Start of SOURCE RECORDS

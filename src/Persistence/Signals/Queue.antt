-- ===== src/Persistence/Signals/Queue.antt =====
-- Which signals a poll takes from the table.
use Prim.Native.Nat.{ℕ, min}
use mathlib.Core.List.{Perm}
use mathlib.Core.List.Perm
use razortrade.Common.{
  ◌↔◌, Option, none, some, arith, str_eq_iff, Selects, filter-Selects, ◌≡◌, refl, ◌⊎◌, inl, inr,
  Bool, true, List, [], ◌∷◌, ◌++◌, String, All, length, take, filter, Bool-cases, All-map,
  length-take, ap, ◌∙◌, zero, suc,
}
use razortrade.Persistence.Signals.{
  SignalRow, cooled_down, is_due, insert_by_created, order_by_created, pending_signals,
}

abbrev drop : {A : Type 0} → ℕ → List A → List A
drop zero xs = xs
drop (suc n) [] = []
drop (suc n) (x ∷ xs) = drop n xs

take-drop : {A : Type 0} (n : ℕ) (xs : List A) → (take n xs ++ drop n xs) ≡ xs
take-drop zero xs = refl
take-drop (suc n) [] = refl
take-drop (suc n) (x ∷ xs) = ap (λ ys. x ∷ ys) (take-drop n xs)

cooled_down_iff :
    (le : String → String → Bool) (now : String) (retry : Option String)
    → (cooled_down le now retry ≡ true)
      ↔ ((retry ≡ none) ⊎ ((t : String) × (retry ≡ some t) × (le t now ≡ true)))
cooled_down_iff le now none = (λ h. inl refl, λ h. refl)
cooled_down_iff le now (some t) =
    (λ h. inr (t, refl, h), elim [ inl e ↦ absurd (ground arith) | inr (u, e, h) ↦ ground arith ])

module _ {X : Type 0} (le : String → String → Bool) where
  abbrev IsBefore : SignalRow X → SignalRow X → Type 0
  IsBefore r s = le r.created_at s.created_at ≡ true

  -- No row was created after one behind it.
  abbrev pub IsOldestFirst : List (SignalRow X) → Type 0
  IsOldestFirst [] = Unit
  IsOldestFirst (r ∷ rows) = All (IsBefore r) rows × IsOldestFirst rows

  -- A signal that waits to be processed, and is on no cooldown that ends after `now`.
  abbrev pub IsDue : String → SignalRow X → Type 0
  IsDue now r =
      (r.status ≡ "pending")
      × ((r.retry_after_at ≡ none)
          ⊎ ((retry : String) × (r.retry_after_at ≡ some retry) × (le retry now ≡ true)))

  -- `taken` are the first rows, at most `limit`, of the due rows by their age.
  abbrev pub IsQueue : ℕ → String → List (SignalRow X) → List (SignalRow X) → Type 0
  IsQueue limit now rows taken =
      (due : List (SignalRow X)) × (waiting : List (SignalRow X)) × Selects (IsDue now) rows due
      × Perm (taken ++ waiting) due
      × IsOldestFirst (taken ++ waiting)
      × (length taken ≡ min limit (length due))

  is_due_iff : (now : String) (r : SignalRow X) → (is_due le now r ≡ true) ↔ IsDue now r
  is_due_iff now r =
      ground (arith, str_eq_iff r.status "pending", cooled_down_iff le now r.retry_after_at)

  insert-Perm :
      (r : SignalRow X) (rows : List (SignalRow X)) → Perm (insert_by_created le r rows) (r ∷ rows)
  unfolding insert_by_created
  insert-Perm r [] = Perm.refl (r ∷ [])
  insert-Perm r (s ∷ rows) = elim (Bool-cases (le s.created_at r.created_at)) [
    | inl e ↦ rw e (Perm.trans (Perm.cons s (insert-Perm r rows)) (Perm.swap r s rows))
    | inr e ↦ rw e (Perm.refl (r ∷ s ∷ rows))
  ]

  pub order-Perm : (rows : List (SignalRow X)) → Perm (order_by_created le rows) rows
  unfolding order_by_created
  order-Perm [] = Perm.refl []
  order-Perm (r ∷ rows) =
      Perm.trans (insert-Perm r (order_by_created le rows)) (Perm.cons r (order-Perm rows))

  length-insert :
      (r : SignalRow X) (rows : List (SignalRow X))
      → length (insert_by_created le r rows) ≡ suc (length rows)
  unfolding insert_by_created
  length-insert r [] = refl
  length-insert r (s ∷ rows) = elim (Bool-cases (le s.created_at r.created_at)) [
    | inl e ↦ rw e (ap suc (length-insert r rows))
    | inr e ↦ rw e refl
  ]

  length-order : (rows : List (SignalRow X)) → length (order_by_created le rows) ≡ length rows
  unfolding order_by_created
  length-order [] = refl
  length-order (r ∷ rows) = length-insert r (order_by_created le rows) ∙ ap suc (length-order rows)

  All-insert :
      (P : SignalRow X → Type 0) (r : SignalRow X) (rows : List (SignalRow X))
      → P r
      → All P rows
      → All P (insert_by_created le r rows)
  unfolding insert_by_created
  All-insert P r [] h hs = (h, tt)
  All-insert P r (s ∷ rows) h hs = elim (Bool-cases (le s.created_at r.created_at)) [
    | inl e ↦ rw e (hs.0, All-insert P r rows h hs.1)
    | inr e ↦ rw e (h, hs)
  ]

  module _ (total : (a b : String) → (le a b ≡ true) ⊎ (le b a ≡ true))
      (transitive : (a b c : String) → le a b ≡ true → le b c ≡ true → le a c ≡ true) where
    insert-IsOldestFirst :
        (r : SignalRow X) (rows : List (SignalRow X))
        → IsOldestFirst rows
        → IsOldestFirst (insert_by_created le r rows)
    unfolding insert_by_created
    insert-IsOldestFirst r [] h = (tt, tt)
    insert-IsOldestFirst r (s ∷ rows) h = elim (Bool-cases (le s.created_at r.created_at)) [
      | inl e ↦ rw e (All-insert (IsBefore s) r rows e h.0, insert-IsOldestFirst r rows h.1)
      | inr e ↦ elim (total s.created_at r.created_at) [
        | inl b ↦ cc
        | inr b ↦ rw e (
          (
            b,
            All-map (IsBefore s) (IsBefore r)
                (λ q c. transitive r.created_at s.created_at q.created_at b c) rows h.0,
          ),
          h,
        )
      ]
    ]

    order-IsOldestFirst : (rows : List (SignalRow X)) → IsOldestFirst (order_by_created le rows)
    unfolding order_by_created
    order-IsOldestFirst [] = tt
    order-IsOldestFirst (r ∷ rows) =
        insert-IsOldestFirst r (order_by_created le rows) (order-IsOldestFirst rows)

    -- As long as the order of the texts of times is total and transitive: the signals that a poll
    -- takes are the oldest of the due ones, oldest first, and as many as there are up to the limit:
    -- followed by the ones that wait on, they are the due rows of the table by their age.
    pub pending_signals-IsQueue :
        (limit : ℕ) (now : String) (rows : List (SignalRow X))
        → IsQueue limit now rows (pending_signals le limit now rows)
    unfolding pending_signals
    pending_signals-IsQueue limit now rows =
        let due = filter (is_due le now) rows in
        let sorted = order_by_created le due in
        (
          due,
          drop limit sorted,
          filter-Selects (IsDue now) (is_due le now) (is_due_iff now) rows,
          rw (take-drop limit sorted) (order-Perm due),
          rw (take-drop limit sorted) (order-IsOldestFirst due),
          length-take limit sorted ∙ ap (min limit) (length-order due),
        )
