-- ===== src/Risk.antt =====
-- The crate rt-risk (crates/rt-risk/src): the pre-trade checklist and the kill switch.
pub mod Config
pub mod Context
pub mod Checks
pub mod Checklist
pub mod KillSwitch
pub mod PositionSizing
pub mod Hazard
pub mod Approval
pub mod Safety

End of SOURCE RECORDS

**WORK ORDER**
Exact copies of all the records are required.

**ANSWER TO THIS EXERCISE**
filename src/Persistence/Signals/Queue.antt
-- ===== src/Persistence/Signals/Queue.antt =====
-- Which signals a poll takes from the table.
use Prim.Native.Nat.{ℕ, min}
use mathlib.Core.List.{Perm}
use mathlib.Core.List.Perm
use razortrade.Common.{
  ◌↔◌, Option, none, some, arith, str_eq_iff, Selects, filter-Selects, ◌≡◌, refl, ◌⊎◌, inl, inr,
  Bool, true, List, [], ◌∷◌, ◌++◌, String, All, length, take, filter, Bool-cases, All-map,
  length-take, ap, ◌∙◌, zero, suc,
}
use razortrade.Persistence.Signals.{
  SignalRow, cooled_down, is_due, insert_by_created, order_by_created, pending_signals,
}

abbrev drop : {A : Type 0} → ℕ → List A → List A
drop zero xs = xs
drop (suc n) [] = []
drop (suc n) (x ∷ xs) = drop n xs

take-drop : {A : Type 0} (n : ℕ) (xs : List A) → (take n xs ++ drop n xs) ≡ xs
take-drop zero xs = refl
take-drop (suc n) [] = refl
take-drop (suc n) (x ∷ xs) = ap (λ ys. x ∷ ys) (take-drop n xs)

cooled_down_iff :
    (le : String → String → Bool) (now : String) (retry : Option String)
    → (cooled_down le now retry ≡ true)
      ↔ ((retry ≡ none) ⊎ ((t : String) × (retry ≡ some t) × (le t now ≡ true)))
cooled_down_iff le now none = (λ h. inl refl, λ h. refl)
cooled_down_iff le now (some t) =
    (λ h. inr (t, refl, h), elim [ inl e ↦ absurd (ground arith) | inr (u, e, h) ↦ ground arith ])

module _ {X : Type 0} (le : String → String → Bool) where
  abbrev IsBefore : SignalRow X → SignalRow X → Type 0
  IsBefore r s = le r.created_at s.created_at ≡ true

  -- No row was created after one behind it.
  abbrev pub IsOldestFirst : List (SignalRow X) → Type 0
  IsOldestFirst [] = Unit
  IsOldestFirst (r ∷ rows) = All (IsBefore r) rows × IsOldestFirst rows

  -- A signal that waits to be processed, and is on no cooldown that ends after `now`.
  abbrev pub IsDue : String → SignalRow X → Type 0
  IsDue now r =
      (r.status ≡ "pending")
      × ((r.retry_after_at ≡ none)
          ⊎ ((retry : String) × (r.retry_after_at ≡ some retry) × (le retry now ≡ true)))

  -- `taken` are the first rows, at most `limit`, of the due rows by their age.
  abbrev pub IsQueue : ℕ → String → List (SignalRow X) → List (SignalRow X) → Type 0
  IsQueue limit now rows taken =
      (due : List (SignalRow X)) × (waiting : List (SignalRow X)) × Selects (IsDue now) rows due
      × Perm (taken ++ waiting) due
      × IsOldestFirst (taken ++ waiting)
      × (length taken ≡ min limit (length due))

  is_due_iff : (now : String) (r : SignalRow X) → (is_due le now r ≡ true) ↔ IsDue now r
  is_due_iff now r =
      ground (arith, str_eq_iff r.status "pending", cooled_down_iff le now r.retry_after_at)

  insert-Perm :
      (r : SignalRow X) (rows : List (SignalRow X)) → Perm (insert_by_created le r rows) (r ∷ rows)
  unfolding insert_by_created
  insert-Perm r [] = Perm.refl (r ∷ [])
  insert-Perm r (s ∷ rows) = elim (Bool-cases (le s.created_at r.created_at)) [
    | inl e ↦ rw e (Perm.trans (Perm.cons s (insert-Perm r rows)) (Perm.swap r s rows))
    | inr e ↦ rw e (Perm.refl (r ∷ s ∷ rows))
  ]

  pub order-Perm : (rows : List (SignalRow X)) → Perm (order_by_created le rows) rows
  unfolding order_by_created
  order-Perm [] = Perm.refl []
  order-Perm (r ∷ rows) =
      Perm.trans (insert-Perm r (order_by_created le rows)) (Perm.cons r (order-Perm rows))

  length-insert :
      (r : SignalRow X) (rows : List (SignalRow X))
      → length (insert_by_created le r rows) ≡ suc (length rows)
  unfolding insert_by_created
  length-insert r [] = refl
  length-insert r (s ∷ rows) = elim (Bool-cases (le s.created_at r.created_at)) [
    | inl e ↦ rw e (ap suc (length-insert r rows))
    | inr e ↦ rw e refl
  ]

  length-order : (rows : List (SignalRow X)) → length (order_by_created le rows) ≡ length rows
  unfolding order_by_created
  length-order [] = refl
  length-order (r ∷ rows) = length-insert r (order_by_created le rows) ∙ ap suc (length-order rows)

  All-insert :
      (P : SignalRow X → Type 0) (r : SignalRow X) (rows : List (SignalRow X))
      → P r
      → All P rows
      → All P (insert_by_created le r rows)
  unfolding insert_by_created
  All-insert P r [] h hs = (h, tt)
  All-insert P r (s ∷ rows) h hs = elim (Bool-cases (le s.created_at r.created_at)) [
    | inl e ↦ rw e (hs.0, All-insert P r rows h hs.1)
    | inr e ↦ rw e (h, hs)
  ]

  module _ (total : (a b : String) → (le a b ≡ true) ⊎ (le b a ≡ true))
      (transitive : (a b c : String) → le a b ≡ true → le b c ≡ true → le a c ≡ true) where
    insert-IsOldestFirst :
        (r : SignalRow X) (rows : List (SignalRow X))
        → IsOldestFirst rows
        → IsOldestFirst (insert_by_created le r rows)
    unfolding insert_by_created
    insert-IsOldestFirst r [] h = (tt, tt)
    insert-IsOldestFirst r (s ∷ rows) h = elim (Bool-cases (le s.created_at r.created_at)) [
      | inl e ↦ rw e (All-insert (IsBefore s) r rows e h.0, insert-IsOldestFirst r rows h.1)
      | inr e ↦ elim (total s.created_at r.created_at) [
        | inl b ↦ cc
        | inr b ↦ rw e (
          (
            b,
            All-map (IsBefore s) (IsBefore r)
                (λ q c. transitive r.created_at s.created_at q.created_at b c) rows h.0,
          ),
          h,
        )
      ]
    ]

    order-IsOldestFirst : (rows : List (SignalRow X)) → IsOldestFirst (order_by_created le rows)
    unfolding order_by_created
    order-IsOldestFirst [] = tt
    order-IsOldestFirst (r ∷ rows) =
        insert-IsOldestFirst r (order_by_created le rows) (order-IsOldestFirst rows)

    -- As long as the order of the texts of times is total and transitive: the signals that a poll
    -- takes are the oldest of the due ones, oldest first, and as many as there are up to the limit:
    -- followed by the ones that wait on, they are the due rows of the table by their age.
    pub pending_signals-IsQueue :
        (limit : ℕ) (now : String) (rows : List (SignalRow X))
        → IsQueue limit now rows (pending_signals le limit now rows)
    unfolding pending_signals
    pending_signals-IsQueue limit now rows =
        let due = filter (is_due le now) rows in
        let sorted = order_by_created le due in
        (
          due,
          drop limit sorted,
          filter-Selects (IsDue now) (is_due le now) (is_due_iff now) rows,
          rw (take-drop limit sorted) (order-Perm due),
          rw (take-drop limit sorted) (order-IsOldestFirst due),
          length-take limit sorted ∙ ap (min limit) (length-order due),
        )
-- ===== src/Risk.antt =====
-- The crate rt-risk (crates/rt-risk/src): the pre-trade checklist and the kill switch.
pub mod Config
pub mod Context
pub mod Checks
pub mod Checklist
pub mod KillSwitch
pub mod PositionSizing
pub mod Hazard
pub mod Approval
pub mod Safety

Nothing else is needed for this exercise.